Impact of peginterferon and ribavirin therapy on hepatocellular carcinoma: Incidence and survival in hepatitis C patients with advanced fibrosis

Background & Aims

Hepatocellular carcinoma (HCC) currently represents the major cause of liver-related death in patients with hepatitis C virus (HCV)-related cirrhosis. We assessed the influence of combination therapy on the risk of HCC, liver-related complications (ascites, variceal bleeding), and liver-related death (or liver transplantation).

Methods

Three hundred seven chronic hepatitis C patients with bridging fibrosis (n = 127) or cirrhosis (n = 180) were evaluated by Cox regression analysis. Sustained virological response (SVR) was defined as undetectable serum HCV RNA at 24 weeks after treatment.

Results

SVR developed in 33% of patients. The SVR rates were not different between patients with bridging fibrosis (37%) and those with cirrhosis (30%), p = 0.186. During a median follow-up of 3.5 years (range 1–18 years) after the last treatment, the incidence rates per 100 person-years of HCC, liver-related complications, and liver-related death, were 1.24, 0.62, and 0.61 among SVR patients, respectively, and 5.85, 4.16, and 3.76 among non-SVR patients, respectively (log-rank test, p <0.001). According to multivariate analysis, non-SVR was an independent predictor of HCC (HR 3.06; 95% CI = 1.12–8.39), liver-related complications (HR 4.73; 95% CI: 1.09–20.57), and liver-related death (HR 3.71; 95% CI = 1.05–13.05).

Conclusions

SVR is achieved in one-third of patients with HCV-related cirrhosis treated with peginterferon and ribavirin. SVR has a strong independent positive influence on the incidence of HCC and on the prognosis of these patients.

Introduction

According to the World Health Organization, hepatocellular carcinoma (HCC) is the third leading cause of cancer-related death, accounting for 662,000 deaths every year throughout the world [1]. The overwhelming majority of HCC occurs in patients with chronic liver disease, 80–90% having cirrhosis, with most of the remainder having advanced fibrosis. Chronic viral hepatitis accounts for more than 80% of HCC cases worldwide [2]. Among patients with hepatitis C virus (HCV)-related cirrhosis, HCC is the most common complication. In a 17-year cohort study of 214 patients with chronic hepatitis C (CHC), HCC was the main cause of death (44%) and the first complication to develop in 27% of patients [3]. The incidence of HCV-related HCC is increasing in both the United States and Europe [4], [5], [6].

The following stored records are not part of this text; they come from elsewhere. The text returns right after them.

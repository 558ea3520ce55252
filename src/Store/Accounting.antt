-- ===== src/Store/Accounting.antt =====
-- The byte counters of the store agree with the events that it retains.
use codex_warden.Prelude.{
  ℕ, zero, suc, ◌+◌, ◌-◌, ◌<◌, ◌≡◌, refl, inl, inr, true, false, String, Option, none, some, get_or,
  List, Map, [], ◌∷◌, lookup, lookup-insert, option_eq, string_eq, eq_iff, if◌then◌else◌, arith,
  Option-cases, wrapping_add, wrapping_add-eq, word_mod, ltb, is_some_and, head?,
}
use codex_warden.Protocol.Event.{SequencedEvent}
use codex_warden.Store.State.{
  Inner, empty, remove_elem, encoded_len, add_thread, sub_thread, forget, remove_at,
}
use codex_warden.Store.Prune.{push_event, expire}
use codex_warden.Store.Sizes.{
  total, total_of, total_of-le, total-append, total_of-append, total-remove_elem,
  total_of-remove_elem,
}

-- The bytes of a thread; a thread with no entry has none.
abbrev pub bytes_of : String → Map String ℕ → ℕ
bytes_of t m = get_or (lookup t m) 0

bytes_of-add_thread :
    (thread : Option String) (size : ℕ) (m : Map String ℕ) (t : String)
    → bytes_of t (add_thread thread size m)
      ≡ (if option_eq.beq thread (some t) then wrapping_add (bytes_of t m) size else bytes_of t m)
unfolding add_thread
bytes_of-add_thread none size m t = refl
bytes_of-add_thread (some k) size m t =
    ground (arith, lookup-insert k t (wrapping_add (bytes_of k m) size) m, eq_iff k t)

bytes_of-sub_thread :
    (thread : Option String) (size : ℕ) (m : Map String ℕ) (t : String)
    → bytes_of t (sub_thread thread size m)
      ≡ (if option_eq.beq thread (some t) then bytes_of t m - size else bytes_of t m)
unfolding sub_thread
bytes_of-sub_thread none size m t = refl
bytes_of-sub_thread (some k) size m t =
    ground (arith, lookup-insert k t (bytes_of k m - size) m, eq_iff k t)

module _ {V : Type 0} (to_vec_len : SequencedEvent V → Option ℕ) where
  -- The counters are the sums over the retained events.
  pub record IsAccounted (inner : Inner V) : Type 0 where
    pub bytes_total : inner.bytes ≡ total to_vec_len inner.events
    pub thread_total :
        (t : String) → bytes_of t inner.thread_bytes ≡ total_of to_vec_len t inner.events

  pub empty-IsAccounted : IsAccounted empty
  unfolding total total_of lookup
  empty-IsAccounted = record { bytes_total = refl; thread_total = λ t. refl }

  pub push_event-IsAccounted :
      (inner : Inner V) (e : SequencedEvent V)
      → IsAccounted inner
      → inner.bytes + encoded_len to_vec_len e < word_mod
      → IsAccounted (push_event to_vec_len inner e)
  unfolding push_event total total_of
  push_event-IsAccounted inner e acc fits = record {
    bytes_total = omega (
      arith,
      acc.bytes_total,
      wrapping_add-eq inner.bytes (encoded_len to_vec_len e),
      total-append to_vec_len inner.events (e ∷ []),
    );
    thread_total = λ t. ground (
      arith,
      bytes_of-add_thread e.thread_id (encoded_len to_vec_len e) inner.thread_bytes t,
      acc.thread_total t,
      acc.bytes_total,
      total_of-le to_vec_len t inner.events,
      total_of-append to_vec_len t inner.events (e ∷ []),
      wrapping_add-eq (bytes_of t inner.thread_bytes) (encoded_len to_vec_len e),
    );
  }

  forget-IsAccounted :
      (inner : Inner V) (n : ℕ) {e : SequencedEvent V} {rest : List (SequencedEvent V)}
      → IsAccounted inner
      → remove_elem n inner.events ≡ some (e, rest)
      → IsAccounted (forget to_vec_len inner e rest)
  unfolding forget total_of
  forget-IsAccounted inner n {e} {rest} acc h = record {
    bytes_total = omega (arith, acc.bytes_total, total-remove_elem to_vec_len n inner.events h);
    thread_total = λ t. ground (
      arith,
      bytes_of-sub_thread e.thread_id (encoded_len to_vec_len e) inner.thread_bytes t,
      acc.thread_total t,
      total_of-remove_elem to_vec_len t n inner.events h,
    );
  }

  pub remove_at-IsAccounted :
      (inner : Inner V) (n : ℕ) → IsAccounted inner → IsAccounted (remove_at to_vec_len inner n)
  unfolding remove_at
  remove_at-IsAccounted inner n acc = elim (Option-cases (remove_elem n inner.events)) [
    | inl e ↦ rw (e, remove_at) acc
    | inr ((y, rest), e) ↦ rw (e, remove_at) (forget-IsAccounted inner n acc e)
  ]

  pub expire-IsAccounted :
      (rounds cutoff : ℕ) (inner : Inner V)
      → IsAccounted inner
      → IsAccounted (expire to_vec_len rounds cutoff inner)
  unfolding expire
  expire-IsAccounted zero cutoff inner acc = acc
  expire-IsAccounted (suc rounds) cutoff inner acc =
      elim (is_some_and (head? inner.events) (λ e. ltb e.monotonic_ms cutoff))
        as (λ b.
          IsAccounted
            (if b then expire to_vec_len rounds cutoff (remove_at to_vec_len inner 0) else inner)) [
              | true ↦ expire-IsAccounted rounds cutoff _ (remove_at-IsAccounted inner 0 acc)
              | false ↦ acc
            ]
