-- ===== src/Store/Order.antt =====
-- The order in which `thread_bytes.iter()` of src/store/src/lib.rs visits a map. The standard
-- library leaves it open: the store takes it as an argument.
use codex_warden.Prelude.{
  ℕ, ◌≡◌, refl, subst, Bool, true, false, String, none, some, [], ◌∷◌, Map, lookup, remove,
  string_eq, lookup-remove, find?, ◌==◌, eq_iff, arith, Bool-cases, inl, inr,
}

-- Iteration yields the pairs of the map and no others.
pub record IsOrder (order : Map String ℕ → Map String ℕ) : Type 0 where
  pub visits_only :
      (m : Map String ℕ) (p : String × ℕ → Bool) (t : String) (b : ℕ)
      → find? p (order m) ≡ some (t, b)
      → (lookup t m ≡ some b) × (p (t, b) ≡ true)
  pub visits_all :
      (m : Map String ℕ) (p : String × ℕ → Bool) (t : String) (b : ℕ)
      → find? p (order m) ≡ none
      → lookup t m ≡ some b
      → p (t, b) ≡ false

-- One such order: that of the list, each key once.
unfoldable pub entries : Map String ℕ → Map String ℕ
entries [] = []
entries ((k, v) ∷ m) = (k, v) ∷ remove k (entries m)

lookup-entries : (t : String) (m : Map String ℕ) → lookup t (entries m) ≡ lookup t m
unfolding entries lookup
lookup-entries t [] = refl
lookup-entries t ((k, v) ∷ m) = ground (arith, lookup-remove k t (entries m), lookup-entries t m)

-- Keys that stand once.
abbrev Fresh : String → Map String ℕ → Type 0
Fresh k m = lookup k m ≡ none

abbrev Distinct : Map String ℕ → Type 0
Distinct [] = Unit
Distinct ((k, v) ∷ m) = Fresh k m × Distinct m

Distinct-remove : (k : String) (m : Map String ℕ) → Distinct m → Distinct (remove k m)
unfolding remove
Distinct-remove k [] d = tt
Distinct-remove k ((j, v) ∷ m) d = elim (Bool-cases (j == k)) [
  | inl e ↦ rw e (Distinct-remove k m d.1)
  | inr e ↦ rw e (ground (arith, lookup-remove k j m, d.0), Distinct-remove k m d.1)
]

entries-Distinct : (m : Map String ℕ) → Distinct (entries m)
unfolding entries
entries-Distinct [] = tt
entries-Distinct ((k, v) ∷ m) = (
  ground (arith, lookup-remove k k (entries m), eq_iff k k),
  Distinct-remove k (entries m) (entries-Distinct m),
)

found :
    (m : Map String ℕ) (p : String × ℕ → Bool) (t : String) (b : ℕ)
    → Distinct m
    → find? p m ≡ some (t, b)
    → (lookup t m ≡ some b) × (p (t, b) ≡ true)
unfolding lookup
found [] p t b d h = absurd (ground arith)
found ((k, v) ∷ m) p t b d h = elim (Bool-cases (p (k, v))) [
  | inl e ↦
      let same : (k, v) ≡ (t, b) = ground arith in
      subst (λ x. (lookup x.0 ((k, v) ∷ m) ≡ some x.1) × (p x ≡ true)) same
        (ground (arith, eq_iff k k), e)
  | inr e ↦ ground (arith, found m p t b d.1, eq_iff k t)
]

missed :
    (m : Map String ℕ) (p : String × ℕ → Bool) (t : String) (b : ℕ)
    → find? p m ≡ none
    → lookup t m ≡ some b
    → p (t, b) ≡ false
unfolding lookup
missed [] p t b h l = ground arith
missed ((k, v) ∷ m) p t b h l = elim (Bool-cases (p (k, v))) [
  | inl e ↦ absurd (ground arith)
  | inr e ↦ ground (arith, missed m p t b, eq_iff k t)
]

pub entries-IsOrder : IsOrder entries
entries-IsOrder = record {
  visits_only = λ m p t b h.
      let (l, q) = found (entries m) p t b (entries-Distinct m) h in
      (rw (← lookup-entries t m) l, q);
  visits_all = λ m p t b h l. missed (entries m) p t b h (rw lookup-entries l);
}
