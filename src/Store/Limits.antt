-- ===== src/Store/Limits.antt =====
-- After every write the store is within its byte limits, and the loop that prunes it ends.
use codex_warden.Prelude.{
  ℕ, zero, suc, ◌+◌, ◌≤◌, ◌<◌, ◌≡◌, refl, inl, inr, Bool, true, false, not, ◌&&◌, String, Option,
  none, some, List, [], ◌∷◌, Map, lookup, string_eq, length, arith, Option-cases, Bool-cases,
  word_mod, find?, ltb, is_some, option_eq,
}
use codex_warden.Protocol.Event.{SequencedEvent}
use codex_warden.Store.State.{StoreConfig, Inner, remove_elem, encoded_len, forget, remove_at}
use codex_warden.Store.Prune.{
  over_thread, over_global, victim, is_candidate, position, enforce, expire, cutoff_of,
  prune_locked, push_event, record_locked,
}
use codex_warden.Store.Sizes.{total, total_of, total_of-le, length-remove_elem, remove_elem-none}
use codex_warden.Store.Accounting.{
  IsAccounted, bytes_of, push_event-IsAccounted, remove_at-IsAccounted, expire-IsAccounted,
}
use codex_warden.Store.Order.{IsOrder}

-- A position that `position` finds lies in the list.
position-lt {ℓ} :
    {A : Type ℓ} (p : A → Bool) (xs : List A) {i : ℕ} → position p xs ≡ some i → i < length xs
unfolding position
position-lt p [] h = absurd (ground arith)
position-lt p (x ∷ xs) {i} h = elim (Option-cases (position p xs)) [
  | inl e ↦ ground arith
  | inr (j, e) ↦ ground (arith, position-lt p xs e)
]

module _ {V : Type 0} (to_vec_len : SequencedEvent V → Option ℕ)
    {order : Map String ℕ → Map String ℕ} (visits : IsOrder order) (config : StoreConfig) where
  -- The retained bytes are within the limits: in all, and for each thread.
  pub record IsWithin (inner : Inner V) : Type 0 where
    pub in_all : total to_vec_len inner.events ≤ config.global_bytes
    pub per_thread : (t : String) → total_of to_vec_len t inner.events ≤ config.per_thread_bytes

  abbrev is_over : String × ℕ → Bool
  is_over entry = ltb config.per_thread_bytes entry.1

  -- `over_thread` answers `none` only where every counter is within the limit, and a thread that
  -- it names is over the limit.
  no_over_thread :
      (inner : Inner V) (t : String)
      → over_thread order config inner ≡ none
      → bytes_of t inner.thread_bytes ≤ config.per_thread_bytes
  unfolding over_thread
  no_over_thread inner t h = elim (Option-cases (lookup t inner.thread_bytes)) [
    | inl e ↦ rw e (omega arith)
    | inr (b, e) ↦ rw e (ground (arith, visits.visits_all inner.thread_bytes is_over t b))
  ]

  is_over_thread :
      (inner : Inner V) (t : String)
      → over_thread order config inner ≡ some t
      → config.per_thread_bytes < bytes_of t inner.thread_bytes
  unfolding over_thread
  is_over_thread inner t h = elim (Option-cases (find? is_over (order inner.thread_bytes))) [
    | inl e ↦ absurd (ground arith)
    | inr ((k, b), e) ↦
        let (l, q) = visits.visits_only inner.thread_bytes is_over k b e in ground (arith, l, q)
  ]

  total_nil : (es : List (SequencedEvent V)) → length es ≡ 0 → total to_vec_len es ≡ 0
  unfolding total
  total_nil [] h = refl
  total_nil (e ∷ es) h = absurd (omega arith)

  -- A store over a limit holds an event, so the next round removes one.
  nonempty_of_over :
      (inner : Inner V)
      → IsAccounted to_vec_len inner
      → (not (over_global config inner) && not (is_some (over_thread order config inner))) ≡ false
      → 0 < length inner.events
  unfolding over_global
  nonempty_of_over inner acc h = elim (Option-cases (over_thread order config inner)) [
    | inl e ↦ ground (arith, acc.bytes_total, total_nil inner.events)
    | inr (t, e) ↦ ground (
      arith,
      acc.bytes_total,
      acc.thread_total t,
      is_over_thread inner t e,
      total_of-le to_vec_len t inner.events,
      total_nil inner.events,
    )
  ]

  length-remove_at :
      (inner : Inner V) (n : ℕ)
      → n < length inner.events
      → suc (length (remove_at to_vec_len inner n).events) ≡ length inner.events
  unfolding remove_at forget
  length-remove_at inner n h = elim (Option-cases (remove_elem n inner.events)) [
    | inl e ↦ absurd (omega (arith, remove_elem-none n inner.events e))
    | inr ((y, rest), e) ↦ rw (e, remove_at) (ground (arith, length-remove_elem n inner.events e))
  ]

  victim-lt :
      (over : Option String) (inner : Inner V)
      → 0 < length inner.events
      → victim over inner < length inner.events
  unfolding victim
  victim-lt over inner h = elim (Option-cases (position (is_candidate over) inner.events)) [
    | inl e ↦ rw e h
    | inr (i, e) ↦ rw e (position-lt (is_candidate over) inner.events e)
  ]

  IsWithin-of_done :
      (inner : Inner V)
      → IsAccounted to_vec_len inner
      → (not (over_global config inner) && not (is_some (over_thread order config inner))) ≡ true
      → IsWithin inner
  unfolding over_global
  IsWithin-of_done inner acc h = record {
    in_all = ground (arith, acc.bytes_total);
    per_thread = λ t. ground (arith, acc.thread_total t, no_over_thread inner t);
  }

  pub enforce_total :
      (fuel : ℕ) (inner : Inner V)
      → length inner.events < fuel
      → IsAccounted to_vec_len inner
      → (inner' : Inner V) × (enforce to_vec_len order config fuel inner ≡ some inner')
        × IsAccounted to_vec_len inner'
        × IsWithin inner'
  unfolding enforce
  enforce_total zero inner h acc = absurd (omega arith)
  enforce_total (suc fuel) inner h acc =
      elim (Bool-cases
        (not (over_global config inner) && not (is_some (over_thread order config inner)))) [
          | inl done ↦ rw done (inner, refl, acc, IsWithin-of_done inner acc done)
          | inr more ↦
              let n = victim (over_thread order config inner) inner in
              let inside : n < length inner.events =
                victim-lt (over_thread order config inner) inner
                  (nonempty_of_over inner acc more) in
              rw more (
                enforce_total fuel (remove_at to_vec_len inner n)
                  (omega (arith, length-remove_at inner n inside))
                  (remove_at-IsAccounted to_vec_len inner n acc))
        ]

  -- Recording an event ends, for events that a word can count. The byte counters still agree with
  -- the retained events, which are then within the global limit and each thread's limit.
  pub record_locked-IsWithin :
      (inner : Inner V) (e : SequencedEvent V)
      → IsAccounted to_vec_len inner
      → inner.bytes + encoded_len to_vec_len e < word_mod
      → (inner' : Inner V) × (record_locked to_vec_len order config inner e ≡ some inner')
        × IsAccounted to_vec_len inner'
        × IsWithin inner'
  unfolding record_locked prune_locked
  record_locked-IsWithin inner e acc fits =
      let pushed = push_event to_vec_len inner e in
      let kept = expire to_vec_len (length pushed.events) (cutoff_of config pushed) pushed in
      enforce_total (suc (length kept.events)) kept (omega arith) (
        expire-IsAccounted to_vec_len (length pushed.events) (cutoff_of config pushed) pushed
          (push_event-IsAccounted to_vec_len inner e acc fits))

Previous studies have shown that interferon therapy may reduce the incidence of HCV-related HCC [7], [8], [9]. The majority of these studies were retrospective, raising the concern of selection bias (patients who did not receive therapy either had more advanced disease or were more likely to develop cancer) [10]. Indeed, a meta-analysis concluded that, although interferon treatment appeared to reduce the risk of HCC, the effect was slight and most evident among few patients with cirrhosis who achieved a sustained virological response (SVR) [11]. In the last few years, the efficacy of HCV therapy has evolved substantially, with improvement in the SVR rates from 10% with the initially recommended 24-week course of interferon monotherapy [12] to 50–60% with the combination of peginterferon and ribavirin for 48 weeks [13]. Importantly, data on the long-term follow-up and rates of HCC among Caucasian patients who received combination peginterferon and ribavirin therapy, are very limited [14]. Recently, the results from the HALT-C trial suggested that maintenance therapy with peginterferon monotherapy does not reduce the risk of HCC, thus highlighting the importance of achieving SVR in these patients [15]. Finally, SVR has been shown to be associated with eradication of the HCV virus [16], [17].

The aim of this study was to assess the influence of peginterferon and ribavirin combination therapy on the risk of HCC, liver-related complications, and liver-related death in a large cohort of patients with HCV-related bridging fibrosis or cirrhosis.